## Required action:
Pull every line with "number" from the entries below.
[[ Exercise materials open ]]
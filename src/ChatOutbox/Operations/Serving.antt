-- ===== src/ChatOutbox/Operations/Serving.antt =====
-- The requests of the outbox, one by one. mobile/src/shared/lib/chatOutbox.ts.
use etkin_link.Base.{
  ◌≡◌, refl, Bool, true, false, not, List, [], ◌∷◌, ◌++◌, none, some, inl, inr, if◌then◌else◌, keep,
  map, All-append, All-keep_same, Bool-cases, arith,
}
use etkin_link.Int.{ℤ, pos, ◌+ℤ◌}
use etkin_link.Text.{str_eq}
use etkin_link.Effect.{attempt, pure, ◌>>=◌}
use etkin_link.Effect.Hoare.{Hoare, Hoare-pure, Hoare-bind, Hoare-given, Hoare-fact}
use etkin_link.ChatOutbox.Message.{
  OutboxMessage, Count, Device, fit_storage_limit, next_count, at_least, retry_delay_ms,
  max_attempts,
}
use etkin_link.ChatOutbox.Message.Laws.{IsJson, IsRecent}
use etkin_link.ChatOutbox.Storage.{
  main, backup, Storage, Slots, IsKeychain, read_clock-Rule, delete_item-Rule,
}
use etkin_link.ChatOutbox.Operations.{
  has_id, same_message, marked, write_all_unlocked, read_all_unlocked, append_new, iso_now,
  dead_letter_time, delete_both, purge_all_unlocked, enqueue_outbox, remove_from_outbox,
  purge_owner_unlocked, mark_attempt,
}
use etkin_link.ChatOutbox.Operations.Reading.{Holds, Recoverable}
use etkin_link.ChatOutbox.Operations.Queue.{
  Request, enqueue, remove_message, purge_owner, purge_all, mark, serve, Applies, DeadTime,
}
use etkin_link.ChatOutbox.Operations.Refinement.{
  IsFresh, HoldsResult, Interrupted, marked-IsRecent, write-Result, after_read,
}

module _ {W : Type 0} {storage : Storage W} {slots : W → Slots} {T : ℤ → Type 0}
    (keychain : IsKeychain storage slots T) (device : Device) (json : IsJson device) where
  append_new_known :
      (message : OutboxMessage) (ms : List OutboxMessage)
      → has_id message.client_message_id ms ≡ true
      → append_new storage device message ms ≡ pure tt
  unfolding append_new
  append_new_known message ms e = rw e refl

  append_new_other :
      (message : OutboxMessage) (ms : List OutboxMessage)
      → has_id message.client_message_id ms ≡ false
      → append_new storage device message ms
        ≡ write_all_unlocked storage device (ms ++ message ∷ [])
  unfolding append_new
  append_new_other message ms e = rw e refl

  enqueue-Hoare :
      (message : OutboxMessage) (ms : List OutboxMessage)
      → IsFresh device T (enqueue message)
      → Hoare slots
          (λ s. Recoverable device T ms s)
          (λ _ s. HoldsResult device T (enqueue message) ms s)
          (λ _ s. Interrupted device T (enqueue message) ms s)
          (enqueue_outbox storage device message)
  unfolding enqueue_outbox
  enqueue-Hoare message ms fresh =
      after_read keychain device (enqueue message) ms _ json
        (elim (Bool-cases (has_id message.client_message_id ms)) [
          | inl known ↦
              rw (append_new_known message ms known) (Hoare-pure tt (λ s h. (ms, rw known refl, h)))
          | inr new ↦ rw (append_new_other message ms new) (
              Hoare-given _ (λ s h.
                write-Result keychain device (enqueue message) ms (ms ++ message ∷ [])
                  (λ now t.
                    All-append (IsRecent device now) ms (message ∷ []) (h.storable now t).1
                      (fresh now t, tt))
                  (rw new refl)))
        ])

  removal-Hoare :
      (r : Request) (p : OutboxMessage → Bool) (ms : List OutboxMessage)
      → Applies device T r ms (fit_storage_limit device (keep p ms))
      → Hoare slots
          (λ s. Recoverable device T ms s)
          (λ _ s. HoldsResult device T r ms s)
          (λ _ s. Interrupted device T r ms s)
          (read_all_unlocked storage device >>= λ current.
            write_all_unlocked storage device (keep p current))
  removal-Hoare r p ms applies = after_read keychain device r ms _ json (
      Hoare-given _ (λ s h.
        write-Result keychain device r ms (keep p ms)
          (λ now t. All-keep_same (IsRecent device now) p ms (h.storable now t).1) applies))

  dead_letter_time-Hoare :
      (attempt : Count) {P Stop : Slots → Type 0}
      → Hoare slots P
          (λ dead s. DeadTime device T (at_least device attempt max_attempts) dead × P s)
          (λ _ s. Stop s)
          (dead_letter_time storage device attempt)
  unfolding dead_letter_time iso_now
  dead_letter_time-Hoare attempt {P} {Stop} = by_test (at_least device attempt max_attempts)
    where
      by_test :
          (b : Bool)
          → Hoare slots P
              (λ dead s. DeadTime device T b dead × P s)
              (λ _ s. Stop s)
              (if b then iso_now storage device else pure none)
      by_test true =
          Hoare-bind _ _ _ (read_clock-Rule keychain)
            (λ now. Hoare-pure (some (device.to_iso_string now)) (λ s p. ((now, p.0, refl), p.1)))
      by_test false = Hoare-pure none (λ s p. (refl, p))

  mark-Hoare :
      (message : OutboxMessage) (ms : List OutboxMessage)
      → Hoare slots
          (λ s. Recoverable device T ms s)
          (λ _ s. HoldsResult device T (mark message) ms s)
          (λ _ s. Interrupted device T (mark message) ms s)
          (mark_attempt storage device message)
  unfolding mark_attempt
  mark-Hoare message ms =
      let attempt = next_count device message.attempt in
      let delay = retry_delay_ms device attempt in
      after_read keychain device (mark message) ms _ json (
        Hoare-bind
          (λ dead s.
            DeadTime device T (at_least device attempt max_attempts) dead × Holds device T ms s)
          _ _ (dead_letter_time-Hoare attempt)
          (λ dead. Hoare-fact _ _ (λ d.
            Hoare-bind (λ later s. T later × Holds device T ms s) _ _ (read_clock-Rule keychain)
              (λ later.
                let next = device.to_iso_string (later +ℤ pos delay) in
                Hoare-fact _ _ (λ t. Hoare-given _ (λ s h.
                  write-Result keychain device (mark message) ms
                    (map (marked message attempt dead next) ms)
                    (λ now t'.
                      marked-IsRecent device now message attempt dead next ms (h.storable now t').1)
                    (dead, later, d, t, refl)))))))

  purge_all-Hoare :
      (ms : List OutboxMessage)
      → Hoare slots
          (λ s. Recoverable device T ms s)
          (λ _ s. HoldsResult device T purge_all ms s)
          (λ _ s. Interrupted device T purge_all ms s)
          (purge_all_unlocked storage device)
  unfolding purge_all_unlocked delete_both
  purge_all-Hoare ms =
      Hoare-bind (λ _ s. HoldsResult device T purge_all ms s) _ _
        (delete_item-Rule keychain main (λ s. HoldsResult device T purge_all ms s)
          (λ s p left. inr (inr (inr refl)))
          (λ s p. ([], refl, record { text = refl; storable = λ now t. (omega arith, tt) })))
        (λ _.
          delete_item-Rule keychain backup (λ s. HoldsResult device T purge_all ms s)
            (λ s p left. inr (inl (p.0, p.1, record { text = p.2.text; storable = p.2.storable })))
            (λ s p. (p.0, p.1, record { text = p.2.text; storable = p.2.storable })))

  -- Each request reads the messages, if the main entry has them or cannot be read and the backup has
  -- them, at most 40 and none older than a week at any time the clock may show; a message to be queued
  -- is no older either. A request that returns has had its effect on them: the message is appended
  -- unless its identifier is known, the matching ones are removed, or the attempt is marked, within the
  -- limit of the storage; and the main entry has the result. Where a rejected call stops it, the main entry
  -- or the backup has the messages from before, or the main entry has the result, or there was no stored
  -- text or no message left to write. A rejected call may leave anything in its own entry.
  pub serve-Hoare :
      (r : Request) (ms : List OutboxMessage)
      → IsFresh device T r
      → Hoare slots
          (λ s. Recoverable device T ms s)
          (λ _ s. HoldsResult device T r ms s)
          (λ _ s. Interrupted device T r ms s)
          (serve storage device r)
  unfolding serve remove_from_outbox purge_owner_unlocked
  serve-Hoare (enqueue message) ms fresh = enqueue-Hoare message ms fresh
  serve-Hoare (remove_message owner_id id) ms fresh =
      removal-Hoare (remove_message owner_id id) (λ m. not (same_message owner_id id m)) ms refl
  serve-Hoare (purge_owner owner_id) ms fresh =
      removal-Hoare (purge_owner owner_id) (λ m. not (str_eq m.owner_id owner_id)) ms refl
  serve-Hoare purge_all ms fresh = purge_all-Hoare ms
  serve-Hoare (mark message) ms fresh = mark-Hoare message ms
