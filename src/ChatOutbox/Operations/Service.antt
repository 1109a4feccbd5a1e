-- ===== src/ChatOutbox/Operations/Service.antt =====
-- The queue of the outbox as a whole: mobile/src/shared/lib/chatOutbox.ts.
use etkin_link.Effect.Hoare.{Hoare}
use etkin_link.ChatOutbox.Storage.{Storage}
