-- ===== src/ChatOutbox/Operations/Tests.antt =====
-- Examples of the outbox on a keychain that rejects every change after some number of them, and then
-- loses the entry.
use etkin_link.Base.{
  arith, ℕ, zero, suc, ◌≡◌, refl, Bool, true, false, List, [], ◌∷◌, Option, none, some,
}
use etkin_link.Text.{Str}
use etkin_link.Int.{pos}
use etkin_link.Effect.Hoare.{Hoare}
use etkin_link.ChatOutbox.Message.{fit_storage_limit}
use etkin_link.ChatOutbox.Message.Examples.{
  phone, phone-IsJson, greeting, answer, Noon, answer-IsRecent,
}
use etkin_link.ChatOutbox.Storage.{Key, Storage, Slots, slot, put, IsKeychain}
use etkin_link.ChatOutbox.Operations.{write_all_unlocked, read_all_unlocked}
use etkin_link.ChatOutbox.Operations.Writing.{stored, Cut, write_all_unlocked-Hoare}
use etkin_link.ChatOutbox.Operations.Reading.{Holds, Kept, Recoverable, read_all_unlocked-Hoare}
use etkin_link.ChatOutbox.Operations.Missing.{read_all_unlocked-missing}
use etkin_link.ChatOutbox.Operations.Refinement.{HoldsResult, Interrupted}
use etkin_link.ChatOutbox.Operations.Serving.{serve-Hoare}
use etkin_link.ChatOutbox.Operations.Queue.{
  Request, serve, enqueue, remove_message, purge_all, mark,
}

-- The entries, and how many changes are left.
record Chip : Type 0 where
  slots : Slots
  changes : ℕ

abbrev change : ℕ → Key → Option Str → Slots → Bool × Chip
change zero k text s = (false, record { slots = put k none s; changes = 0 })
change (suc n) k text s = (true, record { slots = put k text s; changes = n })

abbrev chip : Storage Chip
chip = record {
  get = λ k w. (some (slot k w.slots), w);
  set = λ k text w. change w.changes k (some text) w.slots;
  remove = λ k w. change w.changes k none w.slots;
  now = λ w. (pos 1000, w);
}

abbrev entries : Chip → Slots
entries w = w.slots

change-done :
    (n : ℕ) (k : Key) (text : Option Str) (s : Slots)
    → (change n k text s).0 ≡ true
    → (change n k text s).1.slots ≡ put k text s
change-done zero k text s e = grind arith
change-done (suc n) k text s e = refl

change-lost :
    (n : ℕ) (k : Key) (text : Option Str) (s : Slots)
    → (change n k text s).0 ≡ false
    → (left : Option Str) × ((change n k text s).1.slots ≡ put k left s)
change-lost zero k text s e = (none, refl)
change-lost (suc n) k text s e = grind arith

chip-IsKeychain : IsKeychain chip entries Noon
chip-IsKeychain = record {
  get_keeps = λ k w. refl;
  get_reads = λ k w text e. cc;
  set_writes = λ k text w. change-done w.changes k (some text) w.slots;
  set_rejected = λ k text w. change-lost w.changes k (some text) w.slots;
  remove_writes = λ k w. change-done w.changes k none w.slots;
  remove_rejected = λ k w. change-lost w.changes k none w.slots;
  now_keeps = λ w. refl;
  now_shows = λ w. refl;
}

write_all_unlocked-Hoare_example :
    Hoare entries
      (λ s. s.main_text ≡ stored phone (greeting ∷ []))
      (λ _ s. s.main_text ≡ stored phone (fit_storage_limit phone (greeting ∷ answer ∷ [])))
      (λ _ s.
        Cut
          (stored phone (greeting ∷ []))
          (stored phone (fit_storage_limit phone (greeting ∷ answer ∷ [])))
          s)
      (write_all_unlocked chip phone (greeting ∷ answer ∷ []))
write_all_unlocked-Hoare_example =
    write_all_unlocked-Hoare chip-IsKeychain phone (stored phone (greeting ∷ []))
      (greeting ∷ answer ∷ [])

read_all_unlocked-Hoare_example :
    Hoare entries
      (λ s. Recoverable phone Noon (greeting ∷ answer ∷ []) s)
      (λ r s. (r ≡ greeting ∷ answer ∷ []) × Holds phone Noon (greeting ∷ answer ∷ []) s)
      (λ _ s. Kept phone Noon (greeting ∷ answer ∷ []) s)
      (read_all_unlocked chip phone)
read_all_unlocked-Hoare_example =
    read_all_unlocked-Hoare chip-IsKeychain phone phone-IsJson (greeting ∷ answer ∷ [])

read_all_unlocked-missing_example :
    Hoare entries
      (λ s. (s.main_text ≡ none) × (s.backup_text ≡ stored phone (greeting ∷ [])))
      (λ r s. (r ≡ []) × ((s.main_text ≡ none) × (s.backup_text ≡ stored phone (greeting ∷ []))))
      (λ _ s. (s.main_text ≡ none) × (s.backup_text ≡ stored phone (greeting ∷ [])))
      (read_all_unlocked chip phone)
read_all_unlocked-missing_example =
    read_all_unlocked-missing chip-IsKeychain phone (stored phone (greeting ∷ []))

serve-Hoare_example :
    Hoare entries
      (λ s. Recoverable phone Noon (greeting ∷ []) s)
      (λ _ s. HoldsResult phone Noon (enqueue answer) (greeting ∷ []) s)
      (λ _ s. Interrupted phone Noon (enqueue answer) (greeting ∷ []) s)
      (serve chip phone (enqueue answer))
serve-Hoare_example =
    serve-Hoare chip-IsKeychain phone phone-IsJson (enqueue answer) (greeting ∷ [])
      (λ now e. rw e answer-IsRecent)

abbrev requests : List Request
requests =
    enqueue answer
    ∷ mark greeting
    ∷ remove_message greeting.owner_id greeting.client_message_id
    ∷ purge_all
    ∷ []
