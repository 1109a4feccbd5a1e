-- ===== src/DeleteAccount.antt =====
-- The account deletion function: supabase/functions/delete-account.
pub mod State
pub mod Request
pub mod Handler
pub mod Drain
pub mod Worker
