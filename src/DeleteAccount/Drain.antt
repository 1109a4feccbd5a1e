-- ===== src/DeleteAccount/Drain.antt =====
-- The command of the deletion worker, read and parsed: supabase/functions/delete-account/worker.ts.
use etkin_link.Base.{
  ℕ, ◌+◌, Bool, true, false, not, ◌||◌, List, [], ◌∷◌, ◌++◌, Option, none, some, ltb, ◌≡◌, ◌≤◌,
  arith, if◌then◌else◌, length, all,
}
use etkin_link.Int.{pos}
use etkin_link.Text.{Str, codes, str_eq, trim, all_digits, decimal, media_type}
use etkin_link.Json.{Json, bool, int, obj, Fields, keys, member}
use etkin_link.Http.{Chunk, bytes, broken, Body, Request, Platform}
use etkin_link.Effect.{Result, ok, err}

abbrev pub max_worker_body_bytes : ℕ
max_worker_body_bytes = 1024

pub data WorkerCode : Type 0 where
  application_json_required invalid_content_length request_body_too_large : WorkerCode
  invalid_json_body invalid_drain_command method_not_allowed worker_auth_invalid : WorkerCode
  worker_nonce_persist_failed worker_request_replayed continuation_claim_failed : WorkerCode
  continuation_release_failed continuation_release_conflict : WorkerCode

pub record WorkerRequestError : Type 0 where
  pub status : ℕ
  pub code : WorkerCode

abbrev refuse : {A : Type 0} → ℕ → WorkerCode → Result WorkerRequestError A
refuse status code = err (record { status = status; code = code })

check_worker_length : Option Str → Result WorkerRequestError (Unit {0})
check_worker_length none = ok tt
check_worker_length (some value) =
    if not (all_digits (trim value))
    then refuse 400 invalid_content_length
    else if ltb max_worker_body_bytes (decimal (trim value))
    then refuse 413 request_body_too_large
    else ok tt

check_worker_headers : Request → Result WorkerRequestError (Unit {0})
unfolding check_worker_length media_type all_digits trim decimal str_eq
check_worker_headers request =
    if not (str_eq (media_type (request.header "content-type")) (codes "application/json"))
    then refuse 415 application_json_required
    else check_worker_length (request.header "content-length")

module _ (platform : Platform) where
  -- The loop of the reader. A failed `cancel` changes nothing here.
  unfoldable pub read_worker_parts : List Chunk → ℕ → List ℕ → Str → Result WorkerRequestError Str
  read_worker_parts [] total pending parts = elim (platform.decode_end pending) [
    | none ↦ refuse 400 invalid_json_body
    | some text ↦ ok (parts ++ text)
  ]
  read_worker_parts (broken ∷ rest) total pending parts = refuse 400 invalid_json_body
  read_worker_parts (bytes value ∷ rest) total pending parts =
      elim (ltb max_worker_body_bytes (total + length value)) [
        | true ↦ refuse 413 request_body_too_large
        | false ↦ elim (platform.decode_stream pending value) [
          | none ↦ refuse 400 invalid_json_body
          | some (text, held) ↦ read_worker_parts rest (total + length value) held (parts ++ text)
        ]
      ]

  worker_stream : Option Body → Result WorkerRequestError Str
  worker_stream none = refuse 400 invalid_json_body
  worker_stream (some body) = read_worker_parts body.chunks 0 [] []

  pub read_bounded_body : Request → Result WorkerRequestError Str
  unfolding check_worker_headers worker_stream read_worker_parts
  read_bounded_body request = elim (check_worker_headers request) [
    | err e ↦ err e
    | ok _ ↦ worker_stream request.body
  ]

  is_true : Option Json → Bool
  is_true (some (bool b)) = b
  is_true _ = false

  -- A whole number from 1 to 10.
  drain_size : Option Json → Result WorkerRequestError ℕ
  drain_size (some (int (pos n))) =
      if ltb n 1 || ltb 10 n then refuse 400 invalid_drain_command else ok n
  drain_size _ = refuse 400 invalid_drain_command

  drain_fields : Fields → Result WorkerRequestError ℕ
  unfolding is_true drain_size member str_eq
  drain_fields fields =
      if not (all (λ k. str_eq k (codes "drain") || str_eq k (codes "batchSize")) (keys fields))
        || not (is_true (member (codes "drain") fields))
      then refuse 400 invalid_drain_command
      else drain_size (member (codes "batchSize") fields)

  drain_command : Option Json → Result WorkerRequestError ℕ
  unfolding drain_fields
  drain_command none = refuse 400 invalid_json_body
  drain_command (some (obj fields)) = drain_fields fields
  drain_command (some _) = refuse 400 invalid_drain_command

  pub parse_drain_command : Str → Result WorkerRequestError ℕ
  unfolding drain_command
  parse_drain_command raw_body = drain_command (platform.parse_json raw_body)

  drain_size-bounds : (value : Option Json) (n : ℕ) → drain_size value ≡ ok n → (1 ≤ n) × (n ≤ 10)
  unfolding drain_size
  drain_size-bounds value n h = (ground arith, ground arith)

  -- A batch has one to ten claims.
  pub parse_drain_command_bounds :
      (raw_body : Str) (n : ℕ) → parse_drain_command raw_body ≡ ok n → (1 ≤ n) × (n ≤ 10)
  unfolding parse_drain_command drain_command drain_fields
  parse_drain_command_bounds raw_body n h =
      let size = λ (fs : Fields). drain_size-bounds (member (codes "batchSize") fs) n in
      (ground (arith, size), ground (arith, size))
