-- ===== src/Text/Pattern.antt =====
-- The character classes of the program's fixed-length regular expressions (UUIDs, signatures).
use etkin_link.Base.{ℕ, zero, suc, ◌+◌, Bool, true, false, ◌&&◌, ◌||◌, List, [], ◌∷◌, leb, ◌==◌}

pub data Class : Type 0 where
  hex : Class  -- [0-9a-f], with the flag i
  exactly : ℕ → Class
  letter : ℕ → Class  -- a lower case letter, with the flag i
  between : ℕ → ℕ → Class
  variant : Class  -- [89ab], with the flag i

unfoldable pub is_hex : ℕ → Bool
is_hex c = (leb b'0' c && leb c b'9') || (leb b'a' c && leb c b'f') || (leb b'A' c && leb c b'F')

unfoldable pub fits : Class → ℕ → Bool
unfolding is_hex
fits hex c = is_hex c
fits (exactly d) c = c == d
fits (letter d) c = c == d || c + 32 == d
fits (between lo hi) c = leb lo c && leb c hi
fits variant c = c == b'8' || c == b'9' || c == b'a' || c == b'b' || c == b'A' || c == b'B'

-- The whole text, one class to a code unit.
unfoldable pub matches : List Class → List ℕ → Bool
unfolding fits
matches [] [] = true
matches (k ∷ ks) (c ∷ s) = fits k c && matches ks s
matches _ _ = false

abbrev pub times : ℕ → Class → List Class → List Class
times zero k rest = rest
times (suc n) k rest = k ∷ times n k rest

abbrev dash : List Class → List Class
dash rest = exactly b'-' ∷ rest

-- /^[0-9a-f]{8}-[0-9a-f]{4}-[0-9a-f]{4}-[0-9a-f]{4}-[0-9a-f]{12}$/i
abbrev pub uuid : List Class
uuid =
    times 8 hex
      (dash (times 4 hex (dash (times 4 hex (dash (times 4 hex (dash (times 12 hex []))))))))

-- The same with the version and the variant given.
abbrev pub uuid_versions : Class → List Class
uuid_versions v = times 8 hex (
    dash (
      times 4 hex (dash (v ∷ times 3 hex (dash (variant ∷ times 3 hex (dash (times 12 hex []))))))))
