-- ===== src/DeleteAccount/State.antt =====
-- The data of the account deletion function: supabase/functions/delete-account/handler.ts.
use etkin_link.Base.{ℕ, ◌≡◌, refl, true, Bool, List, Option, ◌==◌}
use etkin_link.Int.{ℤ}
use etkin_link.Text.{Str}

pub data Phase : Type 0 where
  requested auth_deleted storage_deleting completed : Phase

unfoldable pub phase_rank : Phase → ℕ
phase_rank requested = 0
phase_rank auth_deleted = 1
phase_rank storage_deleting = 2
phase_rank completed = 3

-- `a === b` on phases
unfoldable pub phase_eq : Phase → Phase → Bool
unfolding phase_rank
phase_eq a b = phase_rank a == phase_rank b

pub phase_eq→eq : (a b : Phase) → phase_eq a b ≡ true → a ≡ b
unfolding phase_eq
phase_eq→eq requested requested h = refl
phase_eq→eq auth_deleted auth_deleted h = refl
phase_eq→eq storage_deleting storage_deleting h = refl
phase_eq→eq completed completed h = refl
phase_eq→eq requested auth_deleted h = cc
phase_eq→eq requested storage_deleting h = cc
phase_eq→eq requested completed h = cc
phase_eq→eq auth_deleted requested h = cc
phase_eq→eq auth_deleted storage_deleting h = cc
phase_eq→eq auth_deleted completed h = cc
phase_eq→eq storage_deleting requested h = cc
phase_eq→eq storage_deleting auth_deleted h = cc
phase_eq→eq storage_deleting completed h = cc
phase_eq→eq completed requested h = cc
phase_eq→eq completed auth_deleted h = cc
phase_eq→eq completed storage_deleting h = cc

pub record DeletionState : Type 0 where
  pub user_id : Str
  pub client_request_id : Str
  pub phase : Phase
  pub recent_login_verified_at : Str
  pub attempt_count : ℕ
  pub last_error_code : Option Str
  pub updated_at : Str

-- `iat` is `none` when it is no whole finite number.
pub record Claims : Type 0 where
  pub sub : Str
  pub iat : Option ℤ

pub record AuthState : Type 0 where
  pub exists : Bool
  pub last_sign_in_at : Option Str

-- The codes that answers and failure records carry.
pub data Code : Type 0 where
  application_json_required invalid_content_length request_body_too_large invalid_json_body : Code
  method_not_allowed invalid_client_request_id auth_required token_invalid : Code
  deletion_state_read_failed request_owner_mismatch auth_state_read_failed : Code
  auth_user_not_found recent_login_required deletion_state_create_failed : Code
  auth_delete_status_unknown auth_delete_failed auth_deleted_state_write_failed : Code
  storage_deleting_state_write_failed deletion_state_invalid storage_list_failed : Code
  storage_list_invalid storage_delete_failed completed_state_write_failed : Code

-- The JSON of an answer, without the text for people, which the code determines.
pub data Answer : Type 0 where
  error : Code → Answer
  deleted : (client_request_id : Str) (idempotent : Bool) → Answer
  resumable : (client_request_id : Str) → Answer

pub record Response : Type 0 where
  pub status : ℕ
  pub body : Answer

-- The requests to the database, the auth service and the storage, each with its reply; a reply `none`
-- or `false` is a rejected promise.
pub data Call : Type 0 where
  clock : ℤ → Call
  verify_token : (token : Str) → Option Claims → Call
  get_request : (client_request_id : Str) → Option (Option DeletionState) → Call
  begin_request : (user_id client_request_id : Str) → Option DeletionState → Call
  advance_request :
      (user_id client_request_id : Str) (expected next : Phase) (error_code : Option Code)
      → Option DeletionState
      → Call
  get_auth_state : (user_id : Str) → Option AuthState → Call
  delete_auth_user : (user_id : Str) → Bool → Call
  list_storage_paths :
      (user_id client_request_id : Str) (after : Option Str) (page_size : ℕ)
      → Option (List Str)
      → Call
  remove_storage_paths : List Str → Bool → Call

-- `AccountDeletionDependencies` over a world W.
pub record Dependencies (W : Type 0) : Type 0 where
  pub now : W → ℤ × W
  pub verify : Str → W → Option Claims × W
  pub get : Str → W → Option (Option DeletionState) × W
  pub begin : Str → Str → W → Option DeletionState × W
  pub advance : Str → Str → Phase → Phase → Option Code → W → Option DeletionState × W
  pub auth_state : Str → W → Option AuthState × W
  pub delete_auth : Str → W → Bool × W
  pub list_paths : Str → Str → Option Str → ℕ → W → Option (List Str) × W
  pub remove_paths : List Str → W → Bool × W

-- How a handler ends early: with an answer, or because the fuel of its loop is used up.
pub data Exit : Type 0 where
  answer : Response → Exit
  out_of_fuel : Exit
[[ Exercise materials closed ]]
## Task solution:
-- Examples of the outbox on a keychain that rejects every change after some number of them, and then
  -- A whole number from 1 to 10.
-- `iat` is `none` when it is no whole finite number.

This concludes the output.